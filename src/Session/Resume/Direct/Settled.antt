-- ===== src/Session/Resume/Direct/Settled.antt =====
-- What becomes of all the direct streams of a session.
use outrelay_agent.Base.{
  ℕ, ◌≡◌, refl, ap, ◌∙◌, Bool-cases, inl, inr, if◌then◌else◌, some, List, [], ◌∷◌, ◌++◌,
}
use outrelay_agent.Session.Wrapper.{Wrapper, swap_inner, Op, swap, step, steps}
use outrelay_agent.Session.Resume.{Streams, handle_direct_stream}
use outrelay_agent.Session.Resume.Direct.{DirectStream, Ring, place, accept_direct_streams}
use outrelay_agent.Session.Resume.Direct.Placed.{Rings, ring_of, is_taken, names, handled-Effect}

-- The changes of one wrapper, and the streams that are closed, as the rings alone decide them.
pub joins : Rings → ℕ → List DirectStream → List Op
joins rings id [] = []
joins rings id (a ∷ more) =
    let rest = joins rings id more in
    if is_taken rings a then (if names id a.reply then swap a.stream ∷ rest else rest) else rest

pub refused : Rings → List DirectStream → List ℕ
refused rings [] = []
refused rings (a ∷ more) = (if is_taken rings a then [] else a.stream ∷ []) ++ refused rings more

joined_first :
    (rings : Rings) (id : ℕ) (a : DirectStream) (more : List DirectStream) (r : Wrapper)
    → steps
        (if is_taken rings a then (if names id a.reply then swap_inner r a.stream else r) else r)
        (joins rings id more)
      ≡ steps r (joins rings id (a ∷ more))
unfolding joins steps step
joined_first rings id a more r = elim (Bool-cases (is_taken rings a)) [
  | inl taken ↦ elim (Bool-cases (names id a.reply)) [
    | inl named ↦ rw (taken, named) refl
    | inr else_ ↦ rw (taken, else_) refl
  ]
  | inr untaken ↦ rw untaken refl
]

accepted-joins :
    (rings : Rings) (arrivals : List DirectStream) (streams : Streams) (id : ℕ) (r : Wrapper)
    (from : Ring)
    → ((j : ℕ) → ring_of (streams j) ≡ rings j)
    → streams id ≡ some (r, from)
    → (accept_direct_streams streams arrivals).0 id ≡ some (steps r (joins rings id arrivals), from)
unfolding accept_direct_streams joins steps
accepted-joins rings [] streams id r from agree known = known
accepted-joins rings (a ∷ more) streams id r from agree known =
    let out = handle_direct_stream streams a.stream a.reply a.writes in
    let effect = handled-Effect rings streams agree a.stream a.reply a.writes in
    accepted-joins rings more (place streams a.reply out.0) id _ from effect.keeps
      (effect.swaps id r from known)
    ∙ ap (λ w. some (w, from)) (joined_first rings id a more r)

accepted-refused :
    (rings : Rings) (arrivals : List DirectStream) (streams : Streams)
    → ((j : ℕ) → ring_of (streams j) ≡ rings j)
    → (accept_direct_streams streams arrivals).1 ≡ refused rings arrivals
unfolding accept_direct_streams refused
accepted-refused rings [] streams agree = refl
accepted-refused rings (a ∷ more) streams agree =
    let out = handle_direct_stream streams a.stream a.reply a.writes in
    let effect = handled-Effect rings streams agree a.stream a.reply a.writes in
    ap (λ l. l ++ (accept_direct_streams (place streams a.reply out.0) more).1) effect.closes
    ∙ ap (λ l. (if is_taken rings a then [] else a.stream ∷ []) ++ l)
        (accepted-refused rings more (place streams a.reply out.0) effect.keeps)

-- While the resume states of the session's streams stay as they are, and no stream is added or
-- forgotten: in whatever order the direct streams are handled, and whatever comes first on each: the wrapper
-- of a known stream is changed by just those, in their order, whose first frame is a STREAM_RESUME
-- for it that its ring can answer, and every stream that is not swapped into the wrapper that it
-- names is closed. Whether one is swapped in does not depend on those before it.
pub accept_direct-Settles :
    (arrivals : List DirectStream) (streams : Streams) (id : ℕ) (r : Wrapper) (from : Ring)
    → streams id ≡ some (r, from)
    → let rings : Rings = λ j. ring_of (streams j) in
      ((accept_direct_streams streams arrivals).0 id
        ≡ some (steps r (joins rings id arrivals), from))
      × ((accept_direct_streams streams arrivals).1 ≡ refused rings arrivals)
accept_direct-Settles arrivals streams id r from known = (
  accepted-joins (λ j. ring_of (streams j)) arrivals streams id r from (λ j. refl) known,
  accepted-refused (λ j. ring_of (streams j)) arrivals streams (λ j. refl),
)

==

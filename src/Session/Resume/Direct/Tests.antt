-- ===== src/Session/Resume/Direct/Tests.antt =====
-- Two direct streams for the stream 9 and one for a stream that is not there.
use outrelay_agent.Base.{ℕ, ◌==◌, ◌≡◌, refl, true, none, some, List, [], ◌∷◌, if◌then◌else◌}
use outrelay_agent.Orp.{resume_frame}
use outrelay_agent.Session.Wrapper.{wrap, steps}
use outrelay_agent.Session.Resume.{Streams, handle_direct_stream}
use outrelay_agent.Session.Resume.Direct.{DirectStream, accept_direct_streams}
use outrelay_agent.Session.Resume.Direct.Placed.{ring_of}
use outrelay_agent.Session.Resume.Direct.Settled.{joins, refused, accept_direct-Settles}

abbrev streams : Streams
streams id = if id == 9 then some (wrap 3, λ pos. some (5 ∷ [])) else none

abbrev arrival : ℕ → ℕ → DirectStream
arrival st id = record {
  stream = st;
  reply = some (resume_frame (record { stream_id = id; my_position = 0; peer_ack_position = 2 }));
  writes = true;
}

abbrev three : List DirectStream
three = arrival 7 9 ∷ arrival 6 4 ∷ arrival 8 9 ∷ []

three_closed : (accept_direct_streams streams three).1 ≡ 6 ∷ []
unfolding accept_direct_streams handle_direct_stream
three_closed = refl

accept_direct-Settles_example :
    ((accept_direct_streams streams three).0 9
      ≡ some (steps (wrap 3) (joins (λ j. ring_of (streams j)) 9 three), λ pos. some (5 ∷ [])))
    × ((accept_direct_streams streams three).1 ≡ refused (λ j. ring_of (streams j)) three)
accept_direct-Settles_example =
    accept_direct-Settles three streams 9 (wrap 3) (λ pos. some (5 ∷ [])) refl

* * *

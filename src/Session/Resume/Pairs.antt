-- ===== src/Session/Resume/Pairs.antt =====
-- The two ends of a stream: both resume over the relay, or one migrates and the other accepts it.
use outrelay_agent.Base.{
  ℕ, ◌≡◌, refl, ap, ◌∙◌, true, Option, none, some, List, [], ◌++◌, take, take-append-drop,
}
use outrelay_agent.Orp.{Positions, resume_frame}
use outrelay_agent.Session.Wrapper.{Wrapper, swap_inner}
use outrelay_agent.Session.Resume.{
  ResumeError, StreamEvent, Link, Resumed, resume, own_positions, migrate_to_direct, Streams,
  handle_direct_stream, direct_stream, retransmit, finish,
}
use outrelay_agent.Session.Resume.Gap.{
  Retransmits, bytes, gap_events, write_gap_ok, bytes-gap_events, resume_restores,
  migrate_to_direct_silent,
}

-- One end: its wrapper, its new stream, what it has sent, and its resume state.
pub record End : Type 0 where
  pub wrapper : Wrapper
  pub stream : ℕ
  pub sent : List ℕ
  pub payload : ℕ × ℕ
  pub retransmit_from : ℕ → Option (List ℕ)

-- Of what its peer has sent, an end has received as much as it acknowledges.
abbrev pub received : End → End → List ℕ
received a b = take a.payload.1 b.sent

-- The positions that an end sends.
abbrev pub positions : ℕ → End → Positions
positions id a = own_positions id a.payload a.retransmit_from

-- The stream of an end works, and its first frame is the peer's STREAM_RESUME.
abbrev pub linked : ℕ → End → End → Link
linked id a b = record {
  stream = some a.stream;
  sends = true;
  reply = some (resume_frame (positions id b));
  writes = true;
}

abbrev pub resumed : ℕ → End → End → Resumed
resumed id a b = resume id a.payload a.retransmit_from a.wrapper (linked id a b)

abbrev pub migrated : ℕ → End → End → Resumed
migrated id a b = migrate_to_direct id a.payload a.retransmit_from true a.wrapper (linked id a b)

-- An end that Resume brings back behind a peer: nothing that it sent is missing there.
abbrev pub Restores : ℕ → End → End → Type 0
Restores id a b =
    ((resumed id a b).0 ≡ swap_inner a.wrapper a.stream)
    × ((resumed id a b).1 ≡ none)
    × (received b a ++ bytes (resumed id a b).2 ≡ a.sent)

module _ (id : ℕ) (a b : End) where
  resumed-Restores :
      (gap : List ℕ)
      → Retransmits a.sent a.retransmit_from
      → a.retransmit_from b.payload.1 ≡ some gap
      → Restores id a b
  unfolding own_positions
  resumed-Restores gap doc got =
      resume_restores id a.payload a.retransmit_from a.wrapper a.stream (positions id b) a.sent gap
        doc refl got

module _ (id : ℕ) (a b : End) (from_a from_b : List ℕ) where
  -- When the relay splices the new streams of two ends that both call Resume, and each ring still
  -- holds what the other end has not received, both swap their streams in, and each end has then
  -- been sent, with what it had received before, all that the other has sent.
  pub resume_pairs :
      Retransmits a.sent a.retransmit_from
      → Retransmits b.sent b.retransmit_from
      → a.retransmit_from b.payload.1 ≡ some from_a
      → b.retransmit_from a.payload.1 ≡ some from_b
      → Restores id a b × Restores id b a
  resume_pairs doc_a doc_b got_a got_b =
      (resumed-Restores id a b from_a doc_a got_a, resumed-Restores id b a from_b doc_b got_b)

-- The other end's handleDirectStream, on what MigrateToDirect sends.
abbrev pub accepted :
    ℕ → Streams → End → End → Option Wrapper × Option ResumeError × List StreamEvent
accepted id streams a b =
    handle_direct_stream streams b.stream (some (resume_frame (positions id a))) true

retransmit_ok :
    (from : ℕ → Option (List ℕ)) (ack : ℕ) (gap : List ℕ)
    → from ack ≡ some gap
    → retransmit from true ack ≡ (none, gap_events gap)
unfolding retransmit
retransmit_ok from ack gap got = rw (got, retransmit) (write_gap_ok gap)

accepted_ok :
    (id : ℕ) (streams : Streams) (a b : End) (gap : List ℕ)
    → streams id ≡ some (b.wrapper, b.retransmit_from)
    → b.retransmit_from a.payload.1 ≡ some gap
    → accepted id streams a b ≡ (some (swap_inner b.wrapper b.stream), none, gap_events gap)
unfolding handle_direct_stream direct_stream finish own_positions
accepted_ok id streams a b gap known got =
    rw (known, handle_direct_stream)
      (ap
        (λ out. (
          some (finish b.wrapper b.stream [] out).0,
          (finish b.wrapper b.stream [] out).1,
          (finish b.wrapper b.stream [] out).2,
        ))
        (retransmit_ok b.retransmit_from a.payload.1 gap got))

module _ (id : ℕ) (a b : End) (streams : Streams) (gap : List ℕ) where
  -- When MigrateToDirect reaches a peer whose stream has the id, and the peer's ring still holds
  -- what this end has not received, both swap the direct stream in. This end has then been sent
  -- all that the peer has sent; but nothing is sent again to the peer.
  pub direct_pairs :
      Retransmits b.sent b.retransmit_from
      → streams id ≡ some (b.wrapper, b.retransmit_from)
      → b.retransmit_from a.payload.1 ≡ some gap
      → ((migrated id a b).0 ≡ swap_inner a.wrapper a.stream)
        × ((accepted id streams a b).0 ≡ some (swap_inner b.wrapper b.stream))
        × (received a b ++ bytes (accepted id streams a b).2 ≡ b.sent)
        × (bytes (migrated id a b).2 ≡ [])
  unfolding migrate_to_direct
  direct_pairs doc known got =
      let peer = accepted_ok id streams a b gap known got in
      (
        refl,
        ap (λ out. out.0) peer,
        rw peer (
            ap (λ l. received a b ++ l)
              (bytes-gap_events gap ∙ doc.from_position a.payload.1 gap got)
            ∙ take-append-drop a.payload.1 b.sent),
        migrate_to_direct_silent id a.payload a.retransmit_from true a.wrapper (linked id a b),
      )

Task requirements
After locating the line holding "filename src/Session/Resume/Direct/Settled.antt" above, output exactly that line and every line after it through the line holding "let rest = joins rings id more in". Include nothing else.

Result of the task
filename src/Session/Resume/Direct/Settled.antt
-- ===== src/Session/Resume/Direct/Settled.antt =====
-- What becomes of all the direct streams of a session.
use outrelay_agent.Base.{
  ℕ, ◌≡◌, refl, ap, ◌∙◌, Bool-cases, inl, inr, if◌then◌else◌, some, List, [], ◌∷◌, ◌++◌,
}
use outrelay_agent.Session.Wrapper.{Wrapper, swap_inner, Op, swap, step, steps}
use outrelay_agent.Session.Resume.{Streams, handle_direct_stream}
use outrelay_agent.Session.Resume.Direct.{DirectStream, Ring, place, accept_direct_streams}
use outrelay_agent.Session.Resume.Direct.Placed.{Rings, ring_of, is_taken, names, handled-Effect}

-- The changes of one wrapper, and the streams that are closed, as the rings alone decide them.
pub joins : Rings → ℕ → List DirectStream → List Op
joins rings id [] = []
joins rings id (a ∷ more) =
    let rest = joins rings id more in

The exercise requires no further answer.